Task to complete →
Only one stretch of the listing below is wanted. Give it again exactly, from the line with "let set : set_rev u.0 u.1 c ≡ c" through the line with "touch-none (c ∷".

---------- Given records ----------

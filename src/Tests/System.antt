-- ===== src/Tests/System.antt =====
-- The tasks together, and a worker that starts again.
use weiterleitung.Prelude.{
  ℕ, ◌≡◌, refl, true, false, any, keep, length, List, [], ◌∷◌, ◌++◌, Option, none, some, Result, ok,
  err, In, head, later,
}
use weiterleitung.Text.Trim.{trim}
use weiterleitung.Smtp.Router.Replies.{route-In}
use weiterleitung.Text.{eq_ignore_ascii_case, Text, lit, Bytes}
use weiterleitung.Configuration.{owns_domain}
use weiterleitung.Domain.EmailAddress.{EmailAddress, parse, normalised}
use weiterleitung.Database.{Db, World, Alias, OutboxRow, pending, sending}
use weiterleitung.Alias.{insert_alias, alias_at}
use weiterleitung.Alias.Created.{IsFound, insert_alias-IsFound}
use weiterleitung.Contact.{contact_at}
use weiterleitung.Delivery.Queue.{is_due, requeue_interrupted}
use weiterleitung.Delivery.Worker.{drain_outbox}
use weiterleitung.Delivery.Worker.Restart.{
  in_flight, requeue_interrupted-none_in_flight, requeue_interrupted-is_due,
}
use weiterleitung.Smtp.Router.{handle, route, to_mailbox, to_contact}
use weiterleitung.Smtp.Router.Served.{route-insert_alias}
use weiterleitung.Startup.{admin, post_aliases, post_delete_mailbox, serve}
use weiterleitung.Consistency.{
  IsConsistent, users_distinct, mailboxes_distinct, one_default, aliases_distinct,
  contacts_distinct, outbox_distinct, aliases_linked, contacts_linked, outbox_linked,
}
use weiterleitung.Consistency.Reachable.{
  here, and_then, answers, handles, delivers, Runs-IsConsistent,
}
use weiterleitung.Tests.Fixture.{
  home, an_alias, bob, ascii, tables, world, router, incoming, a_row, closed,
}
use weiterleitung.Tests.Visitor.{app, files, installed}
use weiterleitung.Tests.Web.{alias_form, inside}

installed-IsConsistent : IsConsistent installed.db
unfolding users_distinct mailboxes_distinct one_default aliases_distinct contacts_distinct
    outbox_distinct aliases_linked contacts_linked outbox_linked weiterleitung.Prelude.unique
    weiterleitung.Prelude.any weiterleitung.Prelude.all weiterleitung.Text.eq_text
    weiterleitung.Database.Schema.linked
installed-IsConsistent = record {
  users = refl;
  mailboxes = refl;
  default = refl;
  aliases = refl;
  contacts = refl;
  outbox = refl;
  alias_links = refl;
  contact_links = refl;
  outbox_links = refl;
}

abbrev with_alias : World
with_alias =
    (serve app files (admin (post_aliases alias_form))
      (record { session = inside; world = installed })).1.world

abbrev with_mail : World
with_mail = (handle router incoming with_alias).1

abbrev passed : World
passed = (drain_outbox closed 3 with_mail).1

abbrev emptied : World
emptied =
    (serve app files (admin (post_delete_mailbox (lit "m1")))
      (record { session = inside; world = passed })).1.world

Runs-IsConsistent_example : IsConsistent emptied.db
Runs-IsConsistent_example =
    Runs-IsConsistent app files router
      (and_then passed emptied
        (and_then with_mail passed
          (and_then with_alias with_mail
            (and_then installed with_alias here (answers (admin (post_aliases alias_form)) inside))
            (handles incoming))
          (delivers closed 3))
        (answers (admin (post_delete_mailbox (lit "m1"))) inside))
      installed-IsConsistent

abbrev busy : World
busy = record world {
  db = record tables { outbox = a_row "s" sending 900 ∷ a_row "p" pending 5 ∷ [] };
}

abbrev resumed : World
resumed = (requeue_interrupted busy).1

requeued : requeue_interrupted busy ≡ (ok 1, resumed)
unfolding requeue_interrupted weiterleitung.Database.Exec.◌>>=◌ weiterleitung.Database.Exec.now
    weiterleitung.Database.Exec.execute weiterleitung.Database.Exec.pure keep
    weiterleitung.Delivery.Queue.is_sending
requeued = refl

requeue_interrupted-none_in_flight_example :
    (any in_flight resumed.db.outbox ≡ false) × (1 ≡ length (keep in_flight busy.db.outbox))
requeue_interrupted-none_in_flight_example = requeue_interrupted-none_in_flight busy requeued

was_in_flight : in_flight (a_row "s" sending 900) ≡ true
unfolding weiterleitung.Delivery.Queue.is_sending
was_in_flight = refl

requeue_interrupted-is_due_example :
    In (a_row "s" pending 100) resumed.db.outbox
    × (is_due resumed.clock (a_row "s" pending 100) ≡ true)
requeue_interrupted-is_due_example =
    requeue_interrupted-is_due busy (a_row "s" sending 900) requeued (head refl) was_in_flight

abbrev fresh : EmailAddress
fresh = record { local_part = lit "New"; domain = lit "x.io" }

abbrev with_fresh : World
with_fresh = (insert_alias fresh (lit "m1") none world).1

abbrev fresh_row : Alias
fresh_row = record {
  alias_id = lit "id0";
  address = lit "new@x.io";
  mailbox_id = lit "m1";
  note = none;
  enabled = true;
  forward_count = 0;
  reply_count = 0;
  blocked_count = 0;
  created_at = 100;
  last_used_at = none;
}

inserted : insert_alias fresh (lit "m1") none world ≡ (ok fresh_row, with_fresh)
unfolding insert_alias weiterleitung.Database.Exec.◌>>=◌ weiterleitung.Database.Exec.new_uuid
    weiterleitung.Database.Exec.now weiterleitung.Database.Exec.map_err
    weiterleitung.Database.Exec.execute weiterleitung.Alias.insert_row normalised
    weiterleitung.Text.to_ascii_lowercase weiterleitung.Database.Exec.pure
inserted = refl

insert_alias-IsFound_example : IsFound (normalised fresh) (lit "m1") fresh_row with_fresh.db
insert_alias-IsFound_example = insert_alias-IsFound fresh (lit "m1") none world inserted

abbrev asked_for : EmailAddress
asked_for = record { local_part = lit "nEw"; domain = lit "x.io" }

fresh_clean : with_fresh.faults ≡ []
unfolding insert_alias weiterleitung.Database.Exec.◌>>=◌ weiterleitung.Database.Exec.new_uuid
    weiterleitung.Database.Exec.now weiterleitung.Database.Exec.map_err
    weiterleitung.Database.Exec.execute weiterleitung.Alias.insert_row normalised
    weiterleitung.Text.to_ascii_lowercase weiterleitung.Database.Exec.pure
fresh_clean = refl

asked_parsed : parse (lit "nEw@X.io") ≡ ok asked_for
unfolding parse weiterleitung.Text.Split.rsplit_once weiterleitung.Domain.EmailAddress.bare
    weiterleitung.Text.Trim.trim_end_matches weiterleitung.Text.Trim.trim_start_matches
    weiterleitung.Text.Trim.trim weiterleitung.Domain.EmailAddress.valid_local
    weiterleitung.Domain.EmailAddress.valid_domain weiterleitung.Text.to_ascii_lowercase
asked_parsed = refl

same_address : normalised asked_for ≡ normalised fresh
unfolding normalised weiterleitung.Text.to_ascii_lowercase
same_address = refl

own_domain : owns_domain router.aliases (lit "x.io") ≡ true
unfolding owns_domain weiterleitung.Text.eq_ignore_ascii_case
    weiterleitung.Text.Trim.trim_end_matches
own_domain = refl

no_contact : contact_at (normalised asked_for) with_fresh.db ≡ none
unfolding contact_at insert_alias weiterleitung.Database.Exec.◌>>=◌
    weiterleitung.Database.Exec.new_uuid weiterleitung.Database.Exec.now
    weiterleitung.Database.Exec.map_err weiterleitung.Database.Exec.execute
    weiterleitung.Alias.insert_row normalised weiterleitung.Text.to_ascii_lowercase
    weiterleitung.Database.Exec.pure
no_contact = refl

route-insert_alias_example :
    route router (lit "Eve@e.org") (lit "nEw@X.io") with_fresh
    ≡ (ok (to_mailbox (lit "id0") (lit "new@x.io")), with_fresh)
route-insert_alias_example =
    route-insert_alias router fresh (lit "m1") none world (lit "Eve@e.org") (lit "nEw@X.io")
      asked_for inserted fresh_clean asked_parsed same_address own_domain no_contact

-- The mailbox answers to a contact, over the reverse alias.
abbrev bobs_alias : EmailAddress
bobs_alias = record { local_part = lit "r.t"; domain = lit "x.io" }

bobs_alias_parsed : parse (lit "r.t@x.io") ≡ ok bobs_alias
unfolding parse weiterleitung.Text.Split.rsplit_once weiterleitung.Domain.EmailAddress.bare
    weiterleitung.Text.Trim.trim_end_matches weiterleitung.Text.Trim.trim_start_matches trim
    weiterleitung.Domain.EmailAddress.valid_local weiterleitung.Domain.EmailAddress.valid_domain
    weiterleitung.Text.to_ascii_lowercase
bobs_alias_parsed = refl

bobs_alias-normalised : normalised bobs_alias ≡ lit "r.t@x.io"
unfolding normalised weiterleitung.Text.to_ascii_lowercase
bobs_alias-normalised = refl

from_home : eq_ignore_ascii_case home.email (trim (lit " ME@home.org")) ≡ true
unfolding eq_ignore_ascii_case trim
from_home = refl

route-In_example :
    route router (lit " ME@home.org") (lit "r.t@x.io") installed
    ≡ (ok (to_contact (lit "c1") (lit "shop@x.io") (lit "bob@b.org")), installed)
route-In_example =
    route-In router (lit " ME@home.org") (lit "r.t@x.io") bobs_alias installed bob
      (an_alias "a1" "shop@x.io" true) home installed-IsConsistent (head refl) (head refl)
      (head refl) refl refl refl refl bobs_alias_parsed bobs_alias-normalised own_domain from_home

----------
---------- Given records ----------

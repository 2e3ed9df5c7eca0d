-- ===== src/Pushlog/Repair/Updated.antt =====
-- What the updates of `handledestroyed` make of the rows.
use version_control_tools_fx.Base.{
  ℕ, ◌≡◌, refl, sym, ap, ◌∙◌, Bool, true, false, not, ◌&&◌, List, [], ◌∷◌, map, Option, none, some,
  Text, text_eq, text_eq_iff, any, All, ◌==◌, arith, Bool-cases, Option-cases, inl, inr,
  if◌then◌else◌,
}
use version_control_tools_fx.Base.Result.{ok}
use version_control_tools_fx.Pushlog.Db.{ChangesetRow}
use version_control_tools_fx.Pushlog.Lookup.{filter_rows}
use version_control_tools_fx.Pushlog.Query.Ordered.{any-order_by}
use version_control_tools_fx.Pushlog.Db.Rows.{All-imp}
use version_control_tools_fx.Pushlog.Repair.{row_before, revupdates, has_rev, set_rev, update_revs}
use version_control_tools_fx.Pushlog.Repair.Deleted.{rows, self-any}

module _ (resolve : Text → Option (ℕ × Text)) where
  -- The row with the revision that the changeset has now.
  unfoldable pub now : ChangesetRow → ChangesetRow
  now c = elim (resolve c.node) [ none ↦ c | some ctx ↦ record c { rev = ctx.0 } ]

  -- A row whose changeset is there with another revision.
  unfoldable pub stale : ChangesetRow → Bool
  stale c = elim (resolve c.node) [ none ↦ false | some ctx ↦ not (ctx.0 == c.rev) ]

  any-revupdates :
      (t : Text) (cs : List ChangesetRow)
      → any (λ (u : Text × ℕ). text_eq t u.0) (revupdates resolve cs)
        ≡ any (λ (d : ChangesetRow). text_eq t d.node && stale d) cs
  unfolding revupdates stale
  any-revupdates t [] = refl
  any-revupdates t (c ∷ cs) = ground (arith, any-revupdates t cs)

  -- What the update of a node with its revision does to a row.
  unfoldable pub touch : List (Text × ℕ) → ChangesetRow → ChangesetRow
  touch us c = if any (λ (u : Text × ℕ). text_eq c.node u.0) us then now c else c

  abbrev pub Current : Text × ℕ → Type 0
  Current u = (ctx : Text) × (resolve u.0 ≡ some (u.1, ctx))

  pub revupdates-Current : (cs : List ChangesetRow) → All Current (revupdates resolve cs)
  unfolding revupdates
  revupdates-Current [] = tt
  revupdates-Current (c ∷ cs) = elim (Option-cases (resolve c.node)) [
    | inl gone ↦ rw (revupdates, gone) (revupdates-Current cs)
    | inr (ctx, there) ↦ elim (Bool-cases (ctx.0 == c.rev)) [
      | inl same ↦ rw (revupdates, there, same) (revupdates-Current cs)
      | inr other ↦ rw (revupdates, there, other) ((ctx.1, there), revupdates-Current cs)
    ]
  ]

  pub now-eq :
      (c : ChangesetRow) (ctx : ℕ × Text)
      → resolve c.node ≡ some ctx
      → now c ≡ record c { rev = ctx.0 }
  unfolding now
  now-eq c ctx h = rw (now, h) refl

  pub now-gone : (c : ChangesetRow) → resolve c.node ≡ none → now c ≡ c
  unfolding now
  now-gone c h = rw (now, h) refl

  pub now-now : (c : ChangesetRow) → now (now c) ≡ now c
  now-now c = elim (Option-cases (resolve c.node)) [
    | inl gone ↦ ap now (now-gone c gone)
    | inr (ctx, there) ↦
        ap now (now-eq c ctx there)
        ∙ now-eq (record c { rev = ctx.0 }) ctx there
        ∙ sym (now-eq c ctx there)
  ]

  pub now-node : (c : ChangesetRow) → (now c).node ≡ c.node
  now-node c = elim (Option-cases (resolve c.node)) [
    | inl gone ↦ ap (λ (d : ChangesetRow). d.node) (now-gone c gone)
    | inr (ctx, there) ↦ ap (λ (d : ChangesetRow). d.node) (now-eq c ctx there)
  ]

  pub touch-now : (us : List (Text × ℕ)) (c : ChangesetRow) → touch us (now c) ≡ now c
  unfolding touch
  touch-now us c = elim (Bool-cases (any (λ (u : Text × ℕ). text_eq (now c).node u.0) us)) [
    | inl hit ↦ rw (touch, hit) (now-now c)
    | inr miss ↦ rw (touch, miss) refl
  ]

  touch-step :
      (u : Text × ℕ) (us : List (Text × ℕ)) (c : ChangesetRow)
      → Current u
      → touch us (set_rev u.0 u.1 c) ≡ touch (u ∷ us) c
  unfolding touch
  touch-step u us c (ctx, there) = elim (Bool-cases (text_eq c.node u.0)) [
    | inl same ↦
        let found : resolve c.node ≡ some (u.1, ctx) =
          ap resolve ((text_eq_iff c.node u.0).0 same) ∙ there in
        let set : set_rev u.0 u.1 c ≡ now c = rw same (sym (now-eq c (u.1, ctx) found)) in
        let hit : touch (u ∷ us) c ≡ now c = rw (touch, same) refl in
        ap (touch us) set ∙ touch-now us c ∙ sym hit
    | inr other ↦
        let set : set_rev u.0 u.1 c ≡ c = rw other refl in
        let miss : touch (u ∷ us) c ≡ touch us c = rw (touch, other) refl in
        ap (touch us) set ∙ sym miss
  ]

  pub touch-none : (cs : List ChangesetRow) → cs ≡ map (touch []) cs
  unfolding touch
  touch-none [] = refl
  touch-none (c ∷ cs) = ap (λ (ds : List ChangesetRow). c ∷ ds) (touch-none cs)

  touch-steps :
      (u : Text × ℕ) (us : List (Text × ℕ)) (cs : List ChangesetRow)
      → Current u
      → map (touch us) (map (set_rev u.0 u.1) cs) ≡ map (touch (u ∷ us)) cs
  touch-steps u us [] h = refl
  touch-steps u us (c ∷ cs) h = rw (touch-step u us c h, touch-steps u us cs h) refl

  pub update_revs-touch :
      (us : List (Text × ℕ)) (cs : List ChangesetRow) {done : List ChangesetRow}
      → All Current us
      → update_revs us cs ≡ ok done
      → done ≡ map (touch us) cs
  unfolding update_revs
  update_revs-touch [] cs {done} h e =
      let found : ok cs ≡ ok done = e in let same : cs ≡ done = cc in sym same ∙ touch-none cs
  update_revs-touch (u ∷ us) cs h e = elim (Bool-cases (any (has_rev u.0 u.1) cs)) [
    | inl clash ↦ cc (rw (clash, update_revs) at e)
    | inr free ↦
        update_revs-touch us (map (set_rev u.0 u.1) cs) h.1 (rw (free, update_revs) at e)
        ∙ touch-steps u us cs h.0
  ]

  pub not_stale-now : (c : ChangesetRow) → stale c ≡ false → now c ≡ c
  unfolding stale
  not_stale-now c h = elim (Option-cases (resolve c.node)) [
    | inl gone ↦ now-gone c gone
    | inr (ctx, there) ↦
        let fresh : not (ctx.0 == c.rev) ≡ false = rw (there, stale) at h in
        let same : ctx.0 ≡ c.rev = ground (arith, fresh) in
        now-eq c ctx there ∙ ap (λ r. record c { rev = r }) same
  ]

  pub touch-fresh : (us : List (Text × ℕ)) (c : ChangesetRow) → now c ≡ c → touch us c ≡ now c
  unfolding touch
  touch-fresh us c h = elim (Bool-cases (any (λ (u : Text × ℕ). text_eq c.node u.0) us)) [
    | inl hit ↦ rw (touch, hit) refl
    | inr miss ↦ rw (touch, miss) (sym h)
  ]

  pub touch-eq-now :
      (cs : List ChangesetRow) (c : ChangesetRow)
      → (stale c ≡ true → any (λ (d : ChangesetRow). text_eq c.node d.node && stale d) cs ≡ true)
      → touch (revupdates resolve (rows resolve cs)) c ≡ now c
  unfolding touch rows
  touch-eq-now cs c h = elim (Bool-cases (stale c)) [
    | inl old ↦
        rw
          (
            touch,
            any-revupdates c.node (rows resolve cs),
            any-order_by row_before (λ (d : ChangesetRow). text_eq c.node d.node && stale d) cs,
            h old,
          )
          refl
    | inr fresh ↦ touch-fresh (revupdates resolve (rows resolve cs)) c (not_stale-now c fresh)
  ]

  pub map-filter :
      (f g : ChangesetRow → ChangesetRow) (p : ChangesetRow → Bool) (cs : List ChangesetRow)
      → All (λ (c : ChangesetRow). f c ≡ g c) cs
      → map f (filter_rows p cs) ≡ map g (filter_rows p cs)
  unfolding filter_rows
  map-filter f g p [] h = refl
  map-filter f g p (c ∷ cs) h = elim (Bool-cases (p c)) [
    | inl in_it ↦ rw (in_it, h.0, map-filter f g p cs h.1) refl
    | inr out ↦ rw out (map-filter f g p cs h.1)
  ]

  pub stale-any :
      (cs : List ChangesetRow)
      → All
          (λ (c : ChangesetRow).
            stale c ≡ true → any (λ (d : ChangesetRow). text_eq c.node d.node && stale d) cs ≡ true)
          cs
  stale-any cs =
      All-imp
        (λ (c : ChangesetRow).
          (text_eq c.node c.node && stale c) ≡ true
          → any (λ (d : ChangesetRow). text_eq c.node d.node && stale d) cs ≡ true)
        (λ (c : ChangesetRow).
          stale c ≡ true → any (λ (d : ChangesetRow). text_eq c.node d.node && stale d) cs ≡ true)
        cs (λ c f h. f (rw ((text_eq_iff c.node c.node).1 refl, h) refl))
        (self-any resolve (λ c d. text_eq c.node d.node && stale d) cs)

----------

Answer for the task →
        let set : set_rev u.0 u.1 c ≡ c = rw other refl in
        let miss : touch (u ∷ us) c ≡ touch us c = rw (touch, other) refl in
        ap (touch us) set ∙ sym miss
  ]

  pub touch-none : (cs : List ChangesetRow) → cs ≡ map (touch []) cs
  unfolding touch
  touch-none [] = refl
  touch-none (c ∷ cs) = ap (λ (ds : List ChangesetRow). c ∷ ds) (touch-none cs)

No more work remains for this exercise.